Your task is to repeat exactly the lines below between the line holding "active_rapid_tap_bindings = add_element" and the line holding "execute_down (rapid_tap action)", inclusive, and only those.

* **GIVEN DATA**:
________
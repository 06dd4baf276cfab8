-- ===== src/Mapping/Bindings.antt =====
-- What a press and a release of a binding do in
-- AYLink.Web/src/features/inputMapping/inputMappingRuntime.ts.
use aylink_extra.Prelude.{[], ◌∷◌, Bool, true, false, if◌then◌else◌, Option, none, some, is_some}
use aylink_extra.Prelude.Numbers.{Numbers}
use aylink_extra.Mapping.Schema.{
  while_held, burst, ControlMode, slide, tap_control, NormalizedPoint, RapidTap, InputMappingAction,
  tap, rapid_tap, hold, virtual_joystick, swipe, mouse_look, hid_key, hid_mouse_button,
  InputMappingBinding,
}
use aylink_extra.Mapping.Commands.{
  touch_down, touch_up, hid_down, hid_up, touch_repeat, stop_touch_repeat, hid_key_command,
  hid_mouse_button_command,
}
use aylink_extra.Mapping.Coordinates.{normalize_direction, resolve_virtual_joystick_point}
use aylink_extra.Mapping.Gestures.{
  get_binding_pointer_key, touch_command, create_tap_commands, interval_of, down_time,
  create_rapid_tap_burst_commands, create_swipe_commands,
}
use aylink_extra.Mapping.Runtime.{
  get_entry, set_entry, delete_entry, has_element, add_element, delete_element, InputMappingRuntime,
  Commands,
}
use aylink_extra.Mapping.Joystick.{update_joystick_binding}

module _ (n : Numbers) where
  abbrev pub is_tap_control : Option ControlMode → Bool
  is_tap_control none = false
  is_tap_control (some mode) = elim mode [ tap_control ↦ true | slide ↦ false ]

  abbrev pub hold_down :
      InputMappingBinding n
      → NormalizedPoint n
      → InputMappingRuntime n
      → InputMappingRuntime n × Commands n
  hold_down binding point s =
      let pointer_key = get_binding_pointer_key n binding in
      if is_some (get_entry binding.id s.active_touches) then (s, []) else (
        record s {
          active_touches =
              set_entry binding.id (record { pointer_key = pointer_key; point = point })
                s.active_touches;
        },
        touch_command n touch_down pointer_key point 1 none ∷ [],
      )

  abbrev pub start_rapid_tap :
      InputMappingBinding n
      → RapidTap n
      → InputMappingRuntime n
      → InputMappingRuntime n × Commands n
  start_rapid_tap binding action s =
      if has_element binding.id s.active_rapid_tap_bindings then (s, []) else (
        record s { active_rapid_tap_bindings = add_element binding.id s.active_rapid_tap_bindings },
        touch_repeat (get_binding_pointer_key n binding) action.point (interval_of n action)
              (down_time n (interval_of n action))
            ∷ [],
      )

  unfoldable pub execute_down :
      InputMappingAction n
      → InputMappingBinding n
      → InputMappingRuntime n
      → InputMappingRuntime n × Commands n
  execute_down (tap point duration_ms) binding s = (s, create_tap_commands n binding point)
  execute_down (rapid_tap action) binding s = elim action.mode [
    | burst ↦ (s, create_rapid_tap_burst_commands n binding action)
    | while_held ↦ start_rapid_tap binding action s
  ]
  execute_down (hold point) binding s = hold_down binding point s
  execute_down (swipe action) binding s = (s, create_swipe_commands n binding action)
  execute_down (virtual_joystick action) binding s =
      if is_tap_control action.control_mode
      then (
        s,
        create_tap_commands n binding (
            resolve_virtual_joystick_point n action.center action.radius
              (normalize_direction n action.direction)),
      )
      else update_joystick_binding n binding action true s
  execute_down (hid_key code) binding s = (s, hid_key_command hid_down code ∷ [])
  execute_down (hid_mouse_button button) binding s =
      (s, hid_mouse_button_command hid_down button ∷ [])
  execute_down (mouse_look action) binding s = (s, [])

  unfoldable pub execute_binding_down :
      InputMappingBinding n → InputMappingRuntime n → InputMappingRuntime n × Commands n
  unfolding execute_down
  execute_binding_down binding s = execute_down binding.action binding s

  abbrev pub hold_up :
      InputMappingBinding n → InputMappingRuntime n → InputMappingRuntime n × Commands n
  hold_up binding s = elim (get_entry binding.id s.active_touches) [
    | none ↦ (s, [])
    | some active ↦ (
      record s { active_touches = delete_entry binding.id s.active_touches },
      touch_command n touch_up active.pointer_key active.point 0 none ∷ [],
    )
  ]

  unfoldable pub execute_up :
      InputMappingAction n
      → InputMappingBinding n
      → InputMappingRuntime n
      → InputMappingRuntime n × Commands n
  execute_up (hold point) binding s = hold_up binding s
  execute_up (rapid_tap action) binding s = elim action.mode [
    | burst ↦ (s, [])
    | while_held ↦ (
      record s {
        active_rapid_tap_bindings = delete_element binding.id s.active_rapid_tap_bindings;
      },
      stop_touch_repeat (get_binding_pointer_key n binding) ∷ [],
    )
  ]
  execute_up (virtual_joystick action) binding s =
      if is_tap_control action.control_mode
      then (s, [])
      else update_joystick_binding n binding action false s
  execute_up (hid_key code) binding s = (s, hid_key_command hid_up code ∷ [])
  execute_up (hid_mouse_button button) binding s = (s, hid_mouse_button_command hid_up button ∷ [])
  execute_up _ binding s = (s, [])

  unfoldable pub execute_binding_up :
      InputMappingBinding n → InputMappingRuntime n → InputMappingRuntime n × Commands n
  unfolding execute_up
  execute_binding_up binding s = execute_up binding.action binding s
________
* **EXPECTED OUTPUT**:
        record s { active_rapid_tap_bindings = add_element binding.id s.active_rapid_tap_bindings },
        touch_repeat (get_binding_pointer_key n binding) action.point (interval_of n action)
              (down_time n (interval_of n action))
            ∷ [],
      )

  unfoldable pub execute_down :
      InputMappingAction n
      → InputMappingBinding n
      → InputMappingRuntime n
      → InputMappingRuntime n × Commands n
  execute_down (tap point duration_ms) binding s = (s, create_tap_commands n binding point)
  execute_down (rapid_tap action) binding s = elim action.mode [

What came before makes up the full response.